Records supplied
================================
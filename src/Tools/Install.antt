-- ===== src/Tools/Install.antt =====
-- skills/skill-cooperative-install/src/lib.rs: the names of packages and managers, the commands that
-- install them, and the names of scripts. `Ascii` is the standard library's part.
pub mod Scripts
pub mod Steps
pub mod Flow
pub mod Tool
pub mod Names
pub mod Valid
pub mod Reach
use Prim.Native.Char.{Char, code}
use orion_dock.Prelude.{
  ℕ, String, Bool, true, false, not, ◌&&◌, ◌||◌, Option, none, some, List, [], ◌∷◌, leb, eqb, map,
  if◌then◌else◌, any, find_first, ◌⧺◌, ◌==◌, empty_text, contains_text, join, concat, trim,
}
use orion_dock.Skills.Manifest.{SkillManifest}

pub record Ascii : Type 0 where
  pub to_lowercase : String → String
  pub lower_char : Char → Char

pub data Checked (A : Type 0) : Type 0 where
  ok : A → Checked A
  err : String → Checked A

abbrev pub default_install_timeout_secs : ℕ
default_install_timeout_secs = 120

abbrev pub package_managers : List String
package_managers =
    "apt-get" ∷ "apt" ∷ "dnf" ∷ "yum" ∷ "apk" ∷ "pacman" ∷ "zypper" ∷ "brew" ∷ "winget" ∷ "choco"
    ∷ "scoop" ∷ "pip" ∷ "pip3" ∷ "npm" ∷ "cargo" ∷ []

abbrev pub blocked_script_patterns : List String
blocked_script_patterns =
    "rm -rf /" ∷ "rm -rf /*" ∷ "rm -rf ~" ∷ "mkfs." ∷ "dd if=/dev/zero" ∷ ":(){:|:&};:"
    ∷ "chmod -r 777 /" ∷ "chown -r" ∷ "shutdown" ∷ "reboot" ∷ "poweroff" ∷ "halt" ∷ "format c:"
    ∷ "remove-item -recurse -force c:\\" ∷ []

pub data ScriptPlatform : Type 0 where
  bash powershell : ScriptPlatform

abbrev pub as_str : ScriptPlatform → String
as_str ScriptPlatform.bash = "bash"
as_str ScriptPlatform.powershell = "powershell"

abbrev pub extension : ScriptPlatform → String
extension ScriptPlatform.bash = "sh"
extension ScriptPlatform.powershell = "ps1"

pub record EnvironmentSnapshot : Type 0 where
  pub is_containerized : Bool
  pub os : String
  pub available_package_managers : List String
  pub writable_paths : List String
  pub has_network : Bool
  pub host_os_hint : String

pub record ScriptStepInput : Type 0 where
  pub command : String
  pub explanation : String

pub record CooperativeInstallSkill (Value : Type 0) : Type 0 where
  pub manifest : SkillManifest Value
  pub max_timeout_secs : ℕ

abbrev pub new : {Value : Type 0} → SkillManifest Value → CooperativeInstallSkill Value
new manifest = record { manifest = manifest; max_timeout_secs = 300 }

abbrev pub is_one_of : String → List String → Bool
is_one_of s names = any (λ n. n == s) names

-- The platform for the text of `HOST_OS`
abbrev pub hinted_platform : String → ScriptPlatform
hinted_platform host_os =
    if is_one_of host_os ("linux" ∷ "macos" ∷ "darwin" ∷ [])
    then ScriptPlatform.bash
    else ScriptPlatform.powershell

unfoldable pub validate_package_chars : String → Bool
validate_package_chars String.[] = true
validate_package_chars (String.◌∷◌ c s) =
    let rest = validate_package_chars s in is_package_char (code c) && rest
  where
    is_package_char : ℕ → Bool
    is_package_char c =
        (leb b'0' c && leb c b'9')
        || (leb b'A' c && leb c b'Z')
        || (leb b'a' c && leb c b'z')
        || eqb c b'.'
        || eqb c b'-'
        || eqb c b'_'
        || eqb c b'+'
        || eqb c b':'
        || eqb c b'/'
        || eqb c b'@'

unfoldable pub validate_package_name : String → Checked String
unfolding validate_package_chars trim
validate_package_name name =
    if empty_text (trim name)
    then err "Package names cannot be empty"
    else if not (validate_package_chars (trim name))
    then err (
        concat (
          "Invalid package name '" ∷ name ∷ "'. Allowed chars: letters, numbers, . - _ + : / @"
          ∷ []))
    else ok (trim name)

abbrev pub is_available : EnvironmentSnapshot → String → Bool
is_available env manager = is_one_of manager env.available_package_managers

abbrev pub preference : String → List String
preference os =
    if os == "windows"
    then "winget" ∷ "choco" ∷ "scoop" ∷ "pip" ∷ "npm" ∷ "cargo" ∷ []
    else "apt-get" ∷ "apt" ∷ "dnf" ∷ "yum" ∷ "apk" ∷ "pacman" ∷ "zypper" ∷ "brew" ∷ "pip3" ∷ "pip"
      ∷ "npm" ∷ "cargo" ∷ []

unfoldable pub select_runtime_manager : EnvironmentSnapshot → Option String → Option String
select_runtime_manager env none = find_first (is_available env) (preference env.os)
select_runtime_manager env (some requested) =
    if is_available env requested then some requested else none

abbrev pub default_host_manager : ScriptPlatform → String
default_host_manager ScriptPlatform.bash = "apt-get"
default_host_manager ScriptPlatform.powershell = "winget"

abbrev pub winget_install : String → String
winget_install pkg = concat (
    "winget install --id " ∷ pkg ∷ " --exact --accept-package-agreements --accept-source-agreements"
    ∷ [])

unfoldable pub build_direct_install_command : String → List String → Checked String
unfolding join
build_direct_install_command manager packages =
    let package_list = join " " packages in
    if manager == "apt-get"
    then ok ("apt-get update && apt-get install -y " ⧺ package_list)
    else if manager == "apt"
    then ok ("apt update && apt install -y " ⧺ package_list)
    else if manager == "dnf"
    then ok ("dnf install -y " ⧺ package_list)
    else if manager == "yum"
    then ok ("yum install -y " ⧺ package_list)
    else if manager == "apk"
    then ok ("apk add --no-cache " ⧺ package_list)
    else if manager == "pacman"
    then ok ("pacman -S --noconfirm " ⧺ package_list)
    else if manager == "zypper"
    then ok ("zypper --non-interactive install " ⧺ package_list)
    else if manager == "brew"
    then ok ("brew install " ⧺ package_list)
    else if manager == "choco"
    then ok ("choco install -y " ⧺ package_list)
    else if manager == "scoop"
    then ok ("scoop install " ⧺ package_list)
    else if manager == "pip" || manager == "pip3"
    then ok (concat (manager ∷ " install " ∷ package_list ∷ []))
    else if manager == "npm"
    then ok ("npm install -g " ⧺ package_list)
    else if manager == "cargo"
    then ok ("cargo install " ⧺ package_list)
    else if manager == "winget"
    then ok (join " && " (map winget_install packages))
    else err (concat ("Unsupported package manager '" ∷ manager ∷ "' for direct install" ∷ []))

-- The command for the sidecar: an unknown manager's is that of apt-get.
unfoldable pub toolbox_command : String → List String → String
unfolding join
toolbox_command manager packages =
    let package_list = join " " packages in
    if manager == "apt"
    then "apt update && apt install -y " ⧺ package_list
    else if manager == "pip" || manager == "pip3"
    then concat (manager ∷ " install " ∷ package_list ∷ [])
    else if manager == "npm"
    then "npm install -g " ⧺ package_list
    else "apt-get update && apt-get install -y " ⧺ package_list

abbrev pub is_alphanumeric : ℕ → Bool
is_alphanumeric c =
    (leb b'0' c && leb c b'9') || (leb b'A' c && leb c b'Z') || (leb b'a' c && leb c b'z')

-- `trim_matches('-')`
unfoldable pub drop_dashes : String → String
drop_dashes String.[] = ""
drop_dashes (String.◌∷◌ c s) =
    let rest = drop_dashes s in if eqb (code c) b'-' then rest else String.◌∷◌ c s

unfoldable pub drop_last_dashes : String → String
drop_last_dashes String.[] = ""
drop_last_dashes (String.◌∷◌ c s) =
    let rest = drop_last_dashes s in
    if eqb (code c) b'-' && empty_text rest then "" else String.◌∷◌ c rest

abbrev pub or_script : String → String
or_script cleaned = if empty_text cleaned then "script" else cleaned

module _ (ascii : Ascii) where
  -- What the loop of `sanitize_name` adds, after a dash or not.
  unfoldable pub dashed : Bool → String → String
  dashed previous_dash String.[] = ""
  dashed previous_dash (String.◌∷◌ c s) =
      let after_letter = dashed false s in
      let after_dash = dashed true s in
      if is_alphanumeric (code c)
      then String.◌∷◌ (ascii.lower_char c) after_letter
      else if previous_dash
      then after_dash
      else String.◌∷◌ "-" after_dash

  unfoldable pub sanitize_name : String → String
  unfolding dashed drop_dashes drop_last_dashes
  sanitize_name raw = or_script (drop_last_dashes (drop_dashes (dashed false raw)))

  unfoldable pub normalize_package_manager : String → Checked String
  unfolding trim
  normalize_package_manager raw =
      let normalized = ascii.to_lowercase (trim raw) in
      if empty_text normalized
      then err "package_manager cannot be empty"
      else if is_one_of normalized package_managers
      then ok normalized
      else err (
          concat (
            "Unsupported package_manager '"
            ∷ raw
            ∷ "'. Supported: "
            ∷ join ", " package_managers
            ∷ []))

  unfoldable pub validate_safe_command : String → Checked Unit
  unfolding contains_text
  validate_safe_command command =
      elim (find_first (contains_text (ascii.to_lowercase command)) blocked_script_patterns) [
        | none ↦ ok tt
        | some blocked ↦
            err (concat ("Command contains blocked pattern '" ∷ blocked ∷ "': " ∷ command ∷ []))
      ]

  -- The platform that is asked for, or the one of `HOST_OS`
  abbrev pub named_platform : String → String → Checked ScriptPlatform
  named_platform raw normalized =
      if is_one_of normalized ("bash" ∷ "sh" ∷ "linux" ∷ "macos" ∷ "darwin" ∷ [])
      then ok ScriptPlatform.bash
      else if is_one_of normalized ("powershell" ∷ "pwsh" ∷ "windows" ∷ "ps" ∷ [])
      then ok ScriptPlatform.powershell
      else err (concat ("Unsupported platform '" ∷ raw ∷ "'. Use bash, powershell, or auto." ∷ []))

  unfoldable pub from_requested : String → Option String → Checked ScriptPlatform
  unfolding trim
  from_requested host_os none = ok (hinted_platform (ascii.to_lowercase host_os))
  from_requested host_os (some raw) =
      let normalized = ascii.to_lowercase (trim raw) in
      if empty_text normalized || normalized == "auto"
      then ok (hinted_platform (ascii.to_lowercase host_os))
      else named_platform raw normalized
================================
Your task
Return all lines from the material that contain "pacman".

Answer to the exercise
    "apt-get" ∷ "apt" ∷ "dnf" ∷ "yum" ∷ "apk" ∷ "pacman" ∷ "zypper" ∷ "brew" ∷ "winget" ∷ "choco"
    else "apt-get" ∷ "apt" ∷ "dnf" ∷ "yum" ∷ "apk" ∷ "pacman" ∷ "zypper" ∷ "brew" ∷ "pip3" ∷ "pip"
    else if manager == "pacman"
    then ok ("pacman -S --noconfirm " ⧺ package_list)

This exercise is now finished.